Entsprechend der DNA-Sequenz wird immer nur eines von vier möglichen Nukleotiden eingebaut. Es ist jedoch wichtig, überschüssige dNTPs nicht in der Reaktionsumgebung zu belassen, da man sonst im nächsten Durchlauf nicht mehr sagen könnte, was genau eingebaut wurde. Sie müssen also entfernt werden.

Dafür ist das Enzym Apyrase zuständig. Es baut übrig gebliebene Nukleotide ab, sodass sie anschließend nicht mehr eingebaut werden können.

Diese Vorgänge laufen nun immer wieder nacheinander ab, bis der Strang komplett synthetisiert ist.

Vor- und Nachteile der Pyrosequenzierung

Pyrosequenzierung ist nur eine von vielen Möglichkeiten, DNA zu entschlüsseln. Welche Vor- und Nachteile hat die Methode gegenüber anderen?

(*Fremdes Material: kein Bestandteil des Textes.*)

-- ===== src/Base/Int.antt =====
-- The integers that a JSON number may hold.
use Prim.Native.Nat.{ℕ}
use mathlib.Core.Bool.{Bool, true}
use approvio.Base.Tests.{ltb}

-- `negsuc n` is -(n + 1)
pub data ℤ : Type 0 where
  pos : ℕ → ℤ
  negsuc : ℕ → ℤ

-- `z < n`
abbrev pub int_ltb : ℤ → ℕ → Bool
int_ltb (pos m) n = ltb m n
int_ltb (negsuc _) n = true
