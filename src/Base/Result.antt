-- ===== src/Base/Result.antt =====
-- `Either` of fp-ts with its `chain`, which `do` blocks use, and the traversal of an array.
use mathlib.Core.Path.{◌≡◌, refl}
use mathlib.Core.Bool.{Bool, true, false}
use mathlib.Core.Option.{Option, none, some}
use mathlib.Core.Logic.{◌⊎◌, inl, inr}

-- `left` and `right` of `Either<E, A>`
pub data Result {ℓ} (E : Type 0) (A : Type ℓ) : Type ℓ where
  left : E → Result E A
  right : A → Result E A

infixl 5 ◌>>=◌ ◌>>◌
abbrev pub ◌>>=◌ {ℓ κ} :
    {E : Type 0} {A : Type ℓ} {B : Type κ} → Result E A → (A → Result E B) → Result E B
left e >>= f = left e
right a >>= f = f a

abbrev pub ◌>>◌ {ℓ κ} :
    {E : Type 0} {A : Type ℓ} {B : Type κ} → Result E A → Result E B → Result E B
m >> k = m >>= λ _. k

-- `if (b) return left(e)`
abbrev pub reject_if : {E : Type 0} → Bool → E → Result E (Unit {0})
reject_if true e = left e
reject_if false e = right tt

-- `if (typeof value !== …) return left(e)`: the value if it has the type
abbrev pub require {ℓ} : {E : Type 0} {A : Type ℓ} → Option A → E → Result E A
require none e = left e
require (some a) e = right a

-- `E.mapLeft(f)`
abbrev pub map_left {ℓ} : {E F : Type 0} {A : Type ℓ} → (E → F) → Result E A → Result F A
map_left f (left e) = left (f e)
map_left f (right a) = right a

pub >>=-eq-right {ℓ κ} :
    {E : Type 0} {A : Type ℓ} {B : Type κ} (m : Result E A) (f : A → Result E B) {b : B}
    → (m >>= f) ≡ right b
    → (a : A) × (m ≡ right a) × (f a ≡ right b)
>>=-eq-right (left e) f h = cc
>>=-eq-right (right a) f h = (a, refl, h)

pub Result-cases {ℓ} :
    {E : Type 0} {A : Type ℓ} (m : Result E A)
    → ((e : E) × (m ≡ left e)) ⊎ ((a : A) × (m ≡ right a))
Result-cases (left e) = inl (e, refl)
Result-cases (right a) = inr (a, refl)
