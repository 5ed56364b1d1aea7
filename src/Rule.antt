-- ===== src/Rule.antt =====
-- domain/src/approval-rules.ts: approval rules and what the votes must be to cover them.
pub mod Coverage
pub mod Satisfies
pub mod WellFormed
pub mod Privilege
pub mod Validation
use approvio.Base.{
  ℕ, String, Option, none, some, Bool, true, false, List, [], ◌∷◌, ◌++◌, ◌&&◌, ◌||◌, leb, length,
  includes,
}
use approvio.Base.Dict.{Dict, lookup}

-- `ApprovalRuleData`; the `rules` of a rule are a list of their own
mutual
  pub data Rule : Type 0 where
    and_rule or_rule : Rules → Rule
    group_requirement : String → ℕ → Option Bool → Rule

  pub data Rules : Type 0 where
    nil : Rules
    cons : Rule → Rules → Rules

-- `groupVoters.get(groupId)?.size ?? 0`
unfoldable pub voter_count : String → Dict (List String) → ℕ
voter_count g voters = elim (lookup g voters) [ none ↦ 0 | some s ↦ length s ]

unfoldable mutual
  unfolding voter_count

  -- `doesVotesCoverApprovalRules`
  pub covers : Rule → Dict (List String) → Bool
  covers (group_requirement g min_count _) voters = leb min_count (voter_count g voters)
  covers (and_rule rules) voters = covers_all rules voters
  covers (or_rule rules) voters = covers_any rules voters

  -- `rules.every(…)`
  pub covers_all : Rules → Dict (List String) → Bool
  covers_all nil voters = true
  covers_all (cons r rules) voters = covers r voters && covers_all rules voters

  -- `rules.some(…)`
  pub covers_any : Rules → Dict (List String) → Bool
  covers_any nil voters = false
  covers_any (cons r rules) voters = covers r voters || covers_any rules voters

unfoldable mutual
  -- `getVotingGroupIds`
  pub voting_group_ids : Rule → List String
  voting_group_ids (group_requirement g _ _) = g ∷ []
  voting_group_ids (and_rule rules) = voting_group_ids_all rules
  voting_group_ids (or_rule rules) = voting_group_ids_all rules

  -- `rules.flatMap(getVotingGroupIds)`
  pub voting_group_ids_all : Rules → List String
  voting_group_ids_all nil = []
  voting_group_ids_all (cons r rules) = voting_group_ids r ++ voting_group_ids_all rules

-- `rule.requireHighPrivilege === true`
abbrev is_true : Option Bool → Bool
is_true (some true) = true
is_true _ = false

unfoldable mutual
  -- `isHighPrivilegeRequired`
  pub is_high_privilege_required : Rule → List String → Bool
  is_high_privilege_required (group_requirement g _ high) groups = includes g groups && is_true high
  is_high_privilege_required (and_rule rules) groups = any_high_privilege rules groups
  is_high_privilege_required (or_rule rules) groups = any_high_privilege rules groups

  pub any_high_privilege : Rules → List String → Bool
  any_high_privilege nil groups = false
  any_high_privilege (cons r rules) groups =
      is_high_privilege_required r groups || any_high_privilege rules groups
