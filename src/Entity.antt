-- ===== src/Entity.antt =====
-- domain/src/authenticated-entity.ts: references to the entities (users and agents) that vote, and
-- the keys by which the domain tells them apart.
pub mod Keys
pub mod Authenticated
use Prim.Native.String
use approvio.Base.{String}

-- `EntityReference`. The type is a text: `VoteFactory` tests it at run time.
pub record EntityRef : Type 0 where
  pub entity_id : String
  pub entity_type : String

-- `getNormalizedEntityId` of a reference: `${entityType}:${entityId}`
unfoldable pub normalized_entity_id : EntityRef → String
normalized_entity_id e = String.◌++◌ e.entity_type (String.◌++◌ ":" e.entity_id)
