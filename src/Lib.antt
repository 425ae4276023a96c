-- ===== src/Lib.antt =====
-- A model of pg_analytics, the PostgreSQL extension that runs queries on foreign tables over data
-- lakes by an embedded DuckDB, and what is proved of it. The code is the Rust crate under src/.
--
-- A foreign table belongs to one of six wrappers (csv, json, parquet, delta, iceberg, spatial). Its
-- options are checked by the wrapper's validator and become a view in DuckDB; a user mapping becomes
-- a secret. The event trigger creates the view of a new table and gives the table its columns. A
-- query reaches DuckDB in one of two ways: whole, by the hooks on the executor and on the utility
-- statements, or table by table, by the scan of the wrapper. Both share the session of DuckDB: the
-- connection, the last statement, and its stream of Arrow batches.
--
-- Files, and the code that they model:
--   Duckdb/Csv, Json, Parquet, Delta, Iceberg, Spatial, Secret: src/duckdb/{csv,json,parquet,delta,
--     iceberg,spatial,secret}.rs, the enum of options with EnumIter, AsRefStr and is_required, and
--     create_view or create_secret. Their children Arguments, which Delta has not, describe the
--     statement by the enum.
--   Duckdb/Utils: src/duckdb/utils.rs, format_csv.
--   Duckdb/Engine, Duckdb/Connection: src/duckdb/connection.rs. The record Globals is the session:
--     GLOBAL_CONNECTION, GLOBAL_STATEMENT and GLOBAL_ARROW, with the batches that are still to come.
--   Fdw/Handler: src/fdw/handler.rs.  Fdw/Trigger: src/fdw/trigger.rs.
--   Fdw/Validate, Fdw/Register, Fdw/Base, Fdw/Base/Begin: src/fdw/base.rs, validate_mapping_option,
--     register_duckdb_view, and the scan (begin_scan, iter_scan, end_scan, explain). The record Fdw has
--     the fields of the six structs of src/fdw/{csv,json,parquet,delta,iceberg,spatial}.rs, which are
--     the same; the validators of these files are in Fdw/Wrappers.
--   Hooks/World: what the hooks act on, with their effects on PostgreSQL as a list of events.
--   Hooks/Query, Hooks/Executor: src/hooks/query.rs, src/hooks/executor.rs.
--   Hooks/Utility, with Explain, Prepare and View: src/hooks/utility.rs and src/hooks/utility/*.rs.
--   Schema/Datetime: src/schema/datetime.rs, up to the constructors of pgrx, which get the seconds as
--     the expression on f64 that the code computes.
--   Schema/Cell: src/schema/cell.rs. Types has the data types and array types of Arrow, Values the
--     helper traits (get_primitive_value and the others), Nested structs and lists, Numbers, Floats,
--     Documents and Temporal the branches of get_cell, and Get the match on the oid. Listed is the
--     table of the pairs of types that the branches list. Schema/Integers: the casts of integers.
--   Hooks/Entry: src/hooks/mod.rs.
--   Api/Csv, Api/Duckdb, Api/Parquet: src/api/{csv,duckdb,parquet}.rs, with the rows of DuckDB in
--     Api/Rows.
--   Datafusion: src/datafusion/src/fdw, the wrappers of an earlier implementation on DataFusion and
--     object stores. Options, S3, Gcs, Azblob, Azdls and Local have the options, the validators and the
--     builders as the calls that they get; Register the object stores of the session; Base the scan.
--   Datafusion/Cell: src/datafusion/src/schema/cell.rs, the earlier get_cell, in the files of
--     Schema/Cell; its names start with lake_.
--   Datafusion/Attribute: src/datafusion/src/schema/attribute.rs, whether a column fits a field.
--   Datafusion/Schema: src/datafusion/src/datafusion/schema.rs, the tables of a schema with the stores
--     of the session; Datafusion/Provider: provider.rs and format.rs beside it.
--   Options: HashMap<String, String>, and what the enums of options have in common.
--   Prelude, Text, Result, Exec: lists and numbers; strings as their code points with the methods of
--     str that the code calls; values with failures, where a panic passes every match; and state
--     passing, where what was written before a failure stays written.
--   Tests: concrete inputs, a DuckDB that records what it was told, and unit tests of the sources.
--
-- Parameters, for code that is not in the repository: DuckDB and Arrow (Engine), the check for a
-- required option of supabase-wrappers (OptionCheck, which finds name=value), its conditions and sort
-- keys (Pushdown), PostgreSQL's catalog (Postgres, ForeignTable, Creation), sqlparser, the time that
-- EXPLAIN ANALYZE measures, quote_identifier and Spi::run, the rows of DuckDB with their typed getters
-- (RowReader), and opendal, DataFusion and the session of the earlier implementation (Stores, Frames).
-- Schema/Cell/Libraries has what src/schema/cell.rs takes of arrow, chrono, pgrx, uuid and serde_json,
-- and the floating point numbers; its ArrowLaws say that the data type of an array decides which
-- downcasts succeed, and that a row of a list array has the type of its values. LakeLibraries adds the
-- error of DataFusion's downcast_value and String::from_utf8, PgTypes the oids of pg_sys, Listings the
-- listing tables of DataFusion, and Database the relations and the equality of URLs. Reading a cell is
-- a parameter of the scan (GetCell).
--
-- Bounds: the client that calls iter_scan until None has fuel, and the theorems give it more than the
-- number of rows. The digits of a number n have fuel above n, which n / 10 < n makes enough. The limit
-- of a scan wraps at 2 ^ 63 as i64 does in a release build, and the oid of a table is below 2 ^ 32.
-- JSON of nested lists has fuel above the depth of the lists, so that its end is not reached. The
-- products and casts of integers are those of a release build, which wrap. The other recursions are on
-- lists.
--
-- Not modelled: src/debug_guc.rs and the branches of debug builds, src/lib.rs (it registers the hooks),
-- the thread in src/duckdb/connection.rs that interrupts queries on a signal, and of src/datafusion the
-- hooks, the catalogs and the session of the earlier implementation, its command line tool, its
-- telemetry and its fixtures.
pub mod Prelude
pub mod Text
pub mod Result
pub mod Exec
pub mod Options
pub mod Duckdb
pub mod Fdw
pub mod Hooks
pub mod Schema
pub mod Api
pub mod Datafusion
pub mod Tests
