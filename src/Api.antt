-- ===== src/Api.antt =====
-- src/api: the SQL functions of the extension. A failure is a panic there, so that a function gives
-- rows, or panics with the message of the failure.
pub mod Rows
pub mod Csv
pub mod Duckdb
pub mod Parquet
pub mod Functions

Vorteile der Pyrosequenzierung

Ein großer Vorteil der Pyrosequenzierung ist, dass die Sequenzierung automatisiert abläuft und so auch parallel viele verschiedene Proben untersucht werden können.

Im Vergleich zu anderen Methoden war die Pyrosequenzierung so besonders zur Zeit ihrer Erfindung anderen Varianten überlegen. Statt Jahren wurden so nur noch Monate gebraucht, um große Genome zu entschlüsseln.

In der Klinik wird die Pyrosequenzierung vor allem dann eingesetzt, wenn kurze Sequenzen nach Punktmutationen als Ursache von Erbkrankheiten abgesucht werden.

Nachteile der Pyrosequenzierung

Trotz der Verwendbarkeit im klinischen Bereich, kann die Pyrosequenzierung wegen ihrer Nachteile nicht mehr mit anderen Methoden des "Next Generation Sequencing" mithalten.

Das liegt vor allem daran, dass die Länge der sequenzierbaren DNA-Fragmente geringer ist, als es z.B. mit der Sanger-Sequenzierung möglich ist. Besonders bei langen repetitiven Sequenzen ist das ein Problem.

Außerdem könnten durch fehlende Kontrolle auch falsche Nukleotide eingebaut werden und das Sequenzierungsergebnis somit ungenauer sein.

Pyrosequenzierung 454 Prinzip

Nach der Entwicklung der Technologie hinter der Pyrosequenzierung dauerte es nicht lange, bis die Technik auch kommerziell angeboten wurde.

Dies übernahm die Firma 454 Life Sciences mit dem Gerät "454 GS FLX". Es ermöglichte die voll automatisierte, parallele Sequenzierung von DNA, was einen großen Geschwindigkeitsvorteil mit sich brachte.

Abbildung 4: Sequenzierungsgerät GS FLX+. Quelle: roche.de

Inzwischen wurde die Produktion des ursprünglichen Systems durch die Firma jedoch eingestellt.